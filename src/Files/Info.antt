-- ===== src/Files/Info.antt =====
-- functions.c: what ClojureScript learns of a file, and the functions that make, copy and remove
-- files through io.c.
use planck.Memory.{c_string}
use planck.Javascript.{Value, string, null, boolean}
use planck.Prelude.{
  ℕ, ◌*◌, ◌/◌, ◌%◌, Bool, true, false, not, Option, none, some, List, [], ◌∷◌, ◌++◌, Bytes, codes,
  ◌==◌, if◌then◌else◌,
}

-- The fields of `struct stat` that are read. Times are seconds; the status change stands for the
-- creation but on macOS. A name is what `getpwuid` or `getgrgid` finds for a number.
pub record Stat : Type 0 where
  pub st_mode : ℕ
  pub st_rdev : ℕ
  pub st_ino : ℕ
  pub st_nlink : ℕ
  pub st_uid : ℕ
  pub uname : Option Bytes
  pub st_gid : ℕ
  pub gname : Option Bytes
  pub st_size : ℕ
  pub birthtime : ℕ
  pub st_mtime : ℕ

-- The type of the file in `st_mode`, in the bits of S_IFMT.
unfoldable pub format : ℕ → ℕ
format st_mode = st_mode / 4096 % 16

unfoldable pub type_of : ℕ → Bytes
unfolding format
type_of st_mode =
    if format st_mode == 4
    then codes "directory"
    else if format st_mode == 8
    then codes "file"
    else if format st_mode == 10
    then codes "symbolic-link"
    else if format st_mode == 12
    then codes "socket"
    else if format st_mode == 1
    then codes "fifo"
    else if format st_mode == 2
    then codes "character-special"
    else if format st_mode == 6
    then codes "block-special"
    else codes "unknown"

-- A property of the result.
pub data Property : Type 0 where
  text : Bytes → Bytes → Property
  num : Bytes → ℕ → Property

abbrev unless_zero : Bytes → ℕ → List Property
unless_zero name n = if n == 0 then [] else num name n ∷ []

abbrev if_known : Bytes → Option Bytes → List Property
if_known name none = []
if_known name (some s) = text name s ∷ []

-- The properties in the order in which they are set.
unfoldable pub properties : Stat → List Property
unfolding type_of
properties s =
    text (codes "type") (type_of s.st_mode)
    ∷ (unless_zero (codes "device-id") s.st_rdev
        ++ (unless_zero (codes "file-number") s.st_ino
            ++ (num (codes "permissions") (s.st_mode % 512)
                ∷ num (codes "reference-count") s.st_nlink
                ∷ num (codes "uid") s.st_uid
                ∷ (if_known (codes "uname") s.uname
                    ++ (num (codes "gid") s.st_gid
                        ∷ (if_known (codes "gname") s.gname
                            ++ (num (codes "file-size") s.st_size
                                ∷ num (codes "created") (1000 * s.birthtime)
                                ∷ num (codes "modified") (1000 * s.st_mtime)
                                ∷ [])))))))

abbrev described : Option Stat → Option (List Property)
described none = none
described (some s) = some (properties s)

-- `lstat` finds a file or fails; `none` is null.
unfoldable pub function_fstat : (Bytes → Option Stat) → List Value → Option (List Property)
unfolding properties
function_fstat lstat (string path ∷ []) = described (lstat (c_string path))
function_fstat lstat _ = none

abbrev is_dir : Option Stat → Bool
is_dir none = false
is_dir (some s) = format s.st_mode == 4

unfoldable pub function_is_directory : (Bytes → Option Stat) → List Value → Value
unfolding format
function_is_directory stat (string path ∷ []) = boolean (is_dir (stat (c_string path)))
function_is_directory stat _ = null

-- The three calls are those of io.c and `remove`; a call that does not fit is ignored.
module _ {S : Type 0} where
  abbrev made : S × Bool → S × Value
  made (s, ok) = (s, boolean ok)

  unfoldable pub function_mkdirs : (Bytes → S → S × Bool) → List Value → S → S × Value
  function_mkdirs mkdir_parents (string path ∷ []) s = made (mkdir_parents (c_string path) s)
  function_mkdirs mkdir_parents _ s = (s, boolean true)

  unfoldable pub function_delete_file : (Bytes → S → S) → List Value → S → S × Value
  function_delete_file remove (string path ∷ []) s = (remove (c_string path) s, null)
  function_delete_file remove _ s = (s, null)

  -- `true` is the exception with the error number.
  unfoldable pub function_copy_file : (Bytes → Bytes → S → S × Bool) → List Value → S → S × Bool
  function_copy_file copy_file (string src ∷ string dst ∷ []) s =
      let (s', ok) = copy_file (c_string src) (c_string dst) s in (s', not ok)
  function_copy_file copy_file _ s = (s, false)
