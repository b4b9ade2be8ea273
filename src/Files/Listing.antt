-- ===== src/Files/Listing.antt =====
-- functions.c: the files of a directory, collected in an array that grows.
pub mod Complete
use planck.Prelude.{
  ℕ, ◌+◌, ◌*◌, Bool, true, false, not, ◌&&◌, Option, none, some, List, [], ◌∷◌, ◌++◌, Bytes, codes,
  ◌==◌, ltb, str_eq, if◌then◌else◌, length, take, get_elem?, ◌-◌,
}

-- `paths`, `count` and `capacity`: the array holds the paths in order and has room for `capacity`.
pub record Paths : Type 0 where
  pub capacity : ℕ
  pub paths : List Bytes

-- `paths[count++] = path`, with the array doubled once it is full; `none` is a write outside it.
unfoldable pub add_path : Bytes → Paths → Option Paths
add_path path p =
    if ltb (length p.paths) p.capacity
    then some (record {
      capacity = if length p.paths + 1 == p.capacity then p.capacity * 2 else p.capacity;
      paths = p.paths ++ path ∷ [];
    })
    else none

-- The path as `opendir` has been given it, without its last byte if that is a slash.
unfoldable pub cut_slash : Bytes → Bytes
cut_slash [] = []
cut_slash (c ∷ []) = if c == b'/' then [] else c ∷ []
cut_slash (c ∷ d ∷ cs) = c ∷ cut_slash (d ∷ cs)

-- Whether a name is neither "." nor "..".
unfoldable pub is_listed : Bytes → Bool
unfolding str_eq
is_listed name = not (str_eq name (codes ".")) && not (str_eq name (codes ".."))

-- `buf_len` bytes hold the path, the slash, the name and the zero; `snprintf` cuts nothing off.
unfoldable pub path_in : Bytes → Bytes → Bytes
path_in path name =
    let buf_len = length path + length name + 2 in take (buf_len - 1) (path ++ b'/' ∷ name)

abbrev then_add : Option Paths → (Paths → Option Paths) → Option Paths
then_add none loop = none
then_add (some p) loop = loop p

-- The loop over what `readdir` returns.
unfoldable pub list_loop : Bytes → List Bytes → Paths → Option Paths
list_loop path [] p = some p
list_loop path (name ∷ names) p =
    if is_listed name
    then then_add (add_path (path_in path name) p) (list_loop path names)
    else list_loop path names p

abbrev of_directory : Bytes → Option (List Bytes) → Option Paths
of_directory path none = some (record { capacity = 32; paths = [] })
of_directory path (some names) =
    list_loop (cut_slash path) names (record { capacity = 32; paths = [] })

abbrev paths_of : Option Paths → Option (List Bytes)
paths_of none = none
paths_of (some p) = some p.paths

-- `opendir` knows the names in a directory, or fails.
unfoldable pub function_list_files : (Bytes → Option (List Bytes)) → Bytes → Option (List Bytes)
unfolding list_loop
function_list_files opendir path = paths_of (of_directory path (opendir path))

------------------------------

Each line of the data should be reproduced exactly as it appears.

filename src/Files/Info.antt
-- ===== src/Files/Info.antt =====
-- functions.c: what ClojureScript learns of a file, and the functions that make, copy and remove
-- files through io.c.
use planck.Memory.{c_string}
use planck.Javascript.{Value, string, null, boolean}
use planck.Prelude.{
  ℕ, ◌*◌, ◌/◌, ◌%◌, Bool, true, false, not, Option, none, some, List, [], ◌∷◌, ◌++◌, Bytes, codes,
  ◌==◌, if◌then◌else◌,
}

-- The fields of `struct stat` that are read. Times are seconds; the status change stands for the
-- creation but on macOS. A name is what `getpwuid` or `getgrgid` finds for a number.
pub record Stat : Type 0 where
  pub st_mode : ℕ
  pub st_rdev : ℕ
  pub st_ino : ℕ
  pub st_nlink : ℕ
  pub st_uid : ℕ
  pub uname : Option Bytes
  pub st_gid : ℕ
  pub gname : Option Bytes
  pub st_size : ℕ
  pub birthtime : ℕ
  pub st_mtime : ℕ

-- The type of the file in `st_mode`, in the bits of S_IFMT.
unfoldable pub format : ℕ → ℕ
format st_mode = st_mode / 4096 % 16

unfoldable pub type_of : ℕ → Bytes
unfolding format
type_of st_mode =
    if format st_mode == 4
    then codes "directory"
    else if format st_mode == 8
    then codes "file"
    else if format st_mode == 10
    then codes "symbolic-link"
    else if format st_mode == 12
    then codes "socket"
    else if format st_mode == 1
    then codes "fifo"
    else if format st_mode == 2
    then codes "character-special"
    else if format st_mode == 6
    then codes "block-special"
    else codes "unknown"

-- A property of the result.
pub data Property : Type 0 where
  text : Bytes → Bytes → Property
  num : Bytes → ℕ → Property

abbrev unless_zero : Bytes → ℕ → List Property
unless_zero name n = if n == 0 then [] else num name n ∷ []

abbrev if_known : Bytes → Option Bytes → List Property
if_known name none = []
if_known name (some s) = text name s ∷ []

-- The properties in the order in which they are set.
unfoldable pub properties : Stat → List Property
unfolding type_of
properties s =
    text (codes "type") (type_of s.st_mode)
    ∷ (unless_zero (codes "device-id") s.st_rdev
        ++ (unless_zero (codes "file-number") s.st_ino
            ++ (num (codes "permissions") (s.st_mode % 512)
                ∷ num (codes "reference-count") s.st_nlink
                ∷ num (codes "uid") s.st_uid
                ∷ (if_known (codes "uname") s.uname
                    ++ (num (codes "gid") s.st_gid
                        ∷ (if_known (codes "gname") s.gname
                            ++ (num (codes "file-size") s.st_size
                                ∷ num (codes "created") (1000 * s.birthtime)
                                ∷ num (codes "modified") (1000 * s.st_mtime)
                                ∷ [])))))))

abbrev described : Option Stat → Option (List Property)
described none = none
described (some s) = some (properties s)

-- `lstat` finds a file or fails; `none` is null.
unfoldable pub function_fstat : (Bytes → Option Stat) → List Value → Option (List Property)
unfolding properties
function_fstat lstat (string path ∷ []) = described (lstat (c_string path))
function_fstat lstat _ = none

abbrev is_dir : Option Stat → Bool
is_dir none = false
is_dir (some s) = format s.st_mode == 4

unfoldable pub function_is_directory : (Bytes → Option Stat) → List Value → Value
unfolding format
function_is_directory stat (string path ∷ []) = boolean (is_dir (stat (c_string path)))
function_is_directory stat _ = null

-- The three calls are those of io.c and `remove`; a call that does not fit is ignored.
module _ {S : Type 0} where
  abbrev made : S × Bool → S × Value
  made (s, ok) = (s, boolean ok)

  unfoldable pub function_mkdirs : (Bytes → S → S × Bool) → List Value → S → S × Value
  function_mkdirs mkdir_parents (string path ∷ []) s = made (mkdir_parents (c_string path) s)
  function_mkdirs mkdir_parents _ s = (s, boolean true)

  unfoldable pub function_delete_file : (Bytes → S → S) → List Value → S → S × Value
  function_delete_file remove (string path ∷ []) s = (remove (c_string path) s, null)
  function_delete_file remove _ s = (s, null)

  -- `true` is the exception with the error number.
  unfoldable pub function_copy_file : (Bytes → Bytes → S → S × Bool) → List Value → S → S × Bool
  function_copy_file copy_file (string src ∷ string dst ∷ []) s =
      let (s', ok) = copy_file (c_string src) (c_string dst) s in (s', not ok)
  function_copy_file copy_file _ s = (s, false)
repository b4b9ade2be8ea273
filename src/Files/Listing.antt
-- ===== src/Files/Listing.antt =====
-- functions.c: the files of a directory, collected in an array that grows.
pub mod Complete
use planck.Prelude.{
  ℕ, ◌+◌, ◌*◌, Bool, true, false, not, ◌&&◌, Option, none, some, List, [], ◌∷◌, ◌++◌, Bytes, codes,
  ◌==◌, ltb, str_eq, if◌then◌else◌, length, take, get_elem?, ◌-◌,
}

-- `paths`, `count` and `capacity`: the array holds the paths in order and has room for `capacity`.
pub record Paths : Type 0 where
  pub capacity : ℕ
  pub paths : List Bytes

-- `paths[count++] = path`, with the array doubled once it is full; `none` is a write outside it.
unfoldable pub add_path : Bytes → Paths → Option Paths
add_path path p =
    if ltb (length p.paths) p.capacity
    then some (record {
      capacity = if length p.paths + 1 == p.capacity then p.capacity * 2 else p.capacity;
      paths = p.paths ++ path ∷ [];
    })
    else none

-- The path as `opendir` has been given it, without its last byte if that is a slash.
unfoldable pub cut_slash : Bytes → Bytes
cut_slash [] = []
cut_slash (c ∷ []) = if c == b'/' then [] else c ∷ []
cut_slash (c ∷ d ∷ cs) = c ∷ cut_slash (d ∷ cs)

-- Whether a name is neither "." nor "..".
unfoldable pub is_listed : Bytes → Bool
unfolding str_eq
is_listed name = not (str_eq name (codes ".")) && not (str_eq name (codes ".."))

-- `buf_len` bytes hold the path, the slash, the name and the zero; `snprintf` cuts nothing off.
unfoldable pub path_in : Bytes → Bytes → Bytes
path_in path name =
    let buf_len = length path + length name + 2 in take (buf_len - 1) (path ++ b'/' ∷ name)

abbrev then_add : Option Paths → (Paths → Option Paths) → Option Paths
then_add none loop = none
then_add (some p) loop = loop p

-- The loop over what `readdir` returns.
unfoldable pub list_loop : Bytes → List Bytes → Paths → Option Paths
list_loop path [] p = some p
list_loop path (name ∷ names) p =
    if is_listed name
    then then_add (add_path (path_in path name) p) (list_loop path names)
    else list_loop path names p

abbrev of_directory : Bytes → Option (List Bytes) → Option Paths
of_directory path none = some (record { capacity = 32; paths = [] })
of_directory path (some names) =
    list_loop (cut_slash path) names (record { capacity = 32; paths = [] })

abbrev paths_of : Option Paths → Option (List Bytes)
paths_of none = none
paths_of (some p) = some p.paths

-- `opendir` knows the names in a directory, or fails.
unfoldable pub function_list_files : (Bytes → Option (List Bytes)) → Bytes → Option (List Bytes)
unfolding list_loop
function_list_files opendir path = paths_of (of_directory path (opendir path))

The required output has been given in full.